1. Digital pins 0-13: These pins can be used as either inputs or outputs, and are typically used for controlling LEDs, reading switches, and so on.
2. Analog pins A0-A5: These pins can be used to measure analog voltages.
3. Power pins: The board has several power pins, including +5V, +3.3V, and GND.
4. PWM pins: Pins 3, 5, 6, 9, 10, and 11 can be used as PWM outputs.
5. ICSP header: This header is used for programming the microcontroller using an in-circuit programmer.
6. UART pins: Pins 0 (RX) and 1 (TX) are used for the hardware UART serial port.
7. I2C pins: Pins A4 (SDA) and A5 (SCL) are used for the hardware I2C interface.
8. SPI pins: Pins 10 (SS), 11 (MOSI), 12 (MISO), and 13 (SCK) are used for the hardware SPI interface.

Programming the Arduino

Step 1: Open your first sketch

• Open the LED blink example sketch: File > Examples >01.Basics > Blink.

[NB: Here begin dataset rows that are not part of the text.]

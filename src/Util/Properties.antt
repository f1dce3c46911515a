-- ===== src/Util/Properties.antt =====
-- util/properties.cpp: the settings, from names to texts. `store` writes them in the order in which
-- the map holds them, here that of their first insertion. `none` is the use of an argument past
-- the end of the command line.
pub mod Storing
use tablefs.Base.{
  ℕ, zero, suc, Bool, true, false, Option, none, some, List, [], ◌∷◌, ◌++◌, if◌then◌else◌, nat_beq,
  ltb, list_eq, list_beq, length,
}
use tablefs.Base.Maps
use tablefs.Base.Int.{ℤ}
use tablefs.Value.{c_string}
use tablefs.Util.Text.{print_int, atoi}

abbrev pub Properties : Type 0
Properties = List (List ℕ × List ℕ)

-- `setProperty`
unfoldable pub set_property : List ℕ → List ℕ → Properties → Properties
unfolding Maps.insert
set_property key value plist = Maps.insert key value plist

-- `setPropertyInt`
unfoldable pub set_property_int : List ℕ → ℤ → Properties → Properties
set_property_int key value plist = set_property key (print_int value) plist

-- `getProperty(key, defaultVal)`
unfoldable pub get_property_or : List ℕ → List ℕ → Properties → List ℕ
unfolding Maps.lookup
get_property_or key default_val plist = elim (Maps.lookup key plist) [
  | some value ↦ value
  | none ↦ default_val
]

-- `getProperty(key)`
unfoldable pub get_property : List ℕ → Properties → List ℕ
get_property key plist = get_property_or key (b'/' ∷ []) plist

-- `getPropertyInt`; a zero byte ends what `atoi` reads, as any byte does that is no digit.
unfoldable pub get_property_int : List ℕ → ℤ → Properties → ℤ
unfolding Maps.lookup
get_property_int key default_val plist = elim (Maps.lookup key plist) [
  | some value ↦ atoi value
  | none ↦ default_val
]

abbrev pub true_text : List ℕ
true_text = b't' ∷ b'r' ∷ b'u' ∷ b'e' ∷ []

-- `getPropertyBool`
unfoldable pub get_property_bool : List ℕ → Bool → Properties → Bool
unfolding Maps.lookup
get_property_bool key default_val plist = elim (Maps.lookup key plist) [
  | some value ↦ list_beq value true_text
  | none ↦ default_val
]

abbrev pub newline : ℕ
newline = 10

-- `is.getline(line, n + 1)`: the line, and what is left to read where the stream stays good. It
-- does not where the file ends, or where the line is longer than the buffer.
unfoldable pub getline : ℕ → List ℕ → List ℕ × Option (List ℕ)
getline n [] = ([], none)
getline zero (b ∷ bs) = if nat_beq b newline then ([], some bs) else ([], none)
getline (suc n) (b ∷ bs) =
    let (line, next) = getline n bs in if nat_beq b newline then ([], some bs) else (b ∷ line, next)

-- The text before the first '=', and the text behind it.
unfoldable pub split_line : List ℕ → Option (List ℕ × List ℕ)
split_line [] = none
split_line (b ∷ bs) =
    let rest = split_line bs in
    if nat_beq b b'='
    then some ([], bs)
    else elim rest [ none ↦ none | some (key, value) ↦ some (b ∷ key, value) ]

-- What `load` does with one line.
unfoldable pub load_line : List ℕ → Properties → Properties
load_line line plist = elim (split_line (c_string line)) [
  | none ↦ plist
  | some (key, value) ↦ set_property key value plist
]

-- The loop of `load`, on fuel.
unfoldable pub load_loop : ℕ → List ℕ → Properties → Properties
load_loop zero file plist = plist
load_loop (suc fuel) file plist =
    let (line, next) = getline 1023 file in
    let plist' = load_line line plist in
    elim next [ none ↦ plist' | some rest ↦ load_loop fuel rest plist' ]

-- `load(filename)`, for the bytes of the file; each round but the last takes one byte at least.
unfoldable pub load : List ℕ → Properties → Properties
load file plist = load_loop (suc (length file)) file plist

-- `store(filename)`: the bytes written
unfoldable pub store : Properties → List ℕ
store [] = []
store ((key, value) ∷ rest) = key ++ b'=' ∷ (value ++ newline ∷ store rest)

-- `argv[i][0] == '-'`
unfoldable pub is_option : List ℕ → Bool
is_option [] = false
is_option (c ∷ arg) = nat_beq c b'-'

abbrev pub name_of : List ℕ → List ℕ
name_of [] = []
name_of (c ∷ arg) = arg

-- `parseOpts`, for the arguments behind the name of the program
unfoldable pub parse_opts : List (List ℕ) → Properties → Option Properties
parse_opts [] plist = some plist
parse_opts (arg ∷ []) plist = if is_option arg then none else some plist
parse_opts (arg ∷ value ∷ args) plist = elim (is_option arg) [
  | true ↦ parse_opts args (set_property (name_of arg) value plist)
  | false ↦ parse_opts (value ∷ args) plist
]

Step 2: Select your board type and port

• You’ll need to select the entry in the Tools > Board menu that corresponds to your Arduino board.

Select the serial device of the board from the Tools | Serial Port menu. This is likely to be COM3 or higher (COM1 and COM2 are usually reserved for hardware serial ports). To find out, you can disconnect your board and re-open the menu; the entry that disappears should be the Arduino board. Reconnect the board and select that serial port.

Step 3: Upload the program

• Copy the provided code into your Arduino IDE.

// Blink example
void setup() {
  pinMode(13, OUTPUT);
}
 
void loop() {
  digitalWrite(13, HIGH); // Turn the LED on (HIGH is the voltage level)
  delay(1000);                      // Wait for a second
  digitalWrite(13, LOW);  // Turn the LED off by making the voltage LOW
  delay(1000);                      // Wait for a second
}

Now, simply click the “Upload” button in the environment. Wait a few seconds – you should see the RX and TX leds on the board flashing. If the upload is successful, the message “Done uploading.” will appear in the status bar.

A few seconds after the upload finishes, you should see the pin 13 (L) LED on the board start to blink (in orange). If it does, congratulations! You’ve gotten Arduino up-and-running.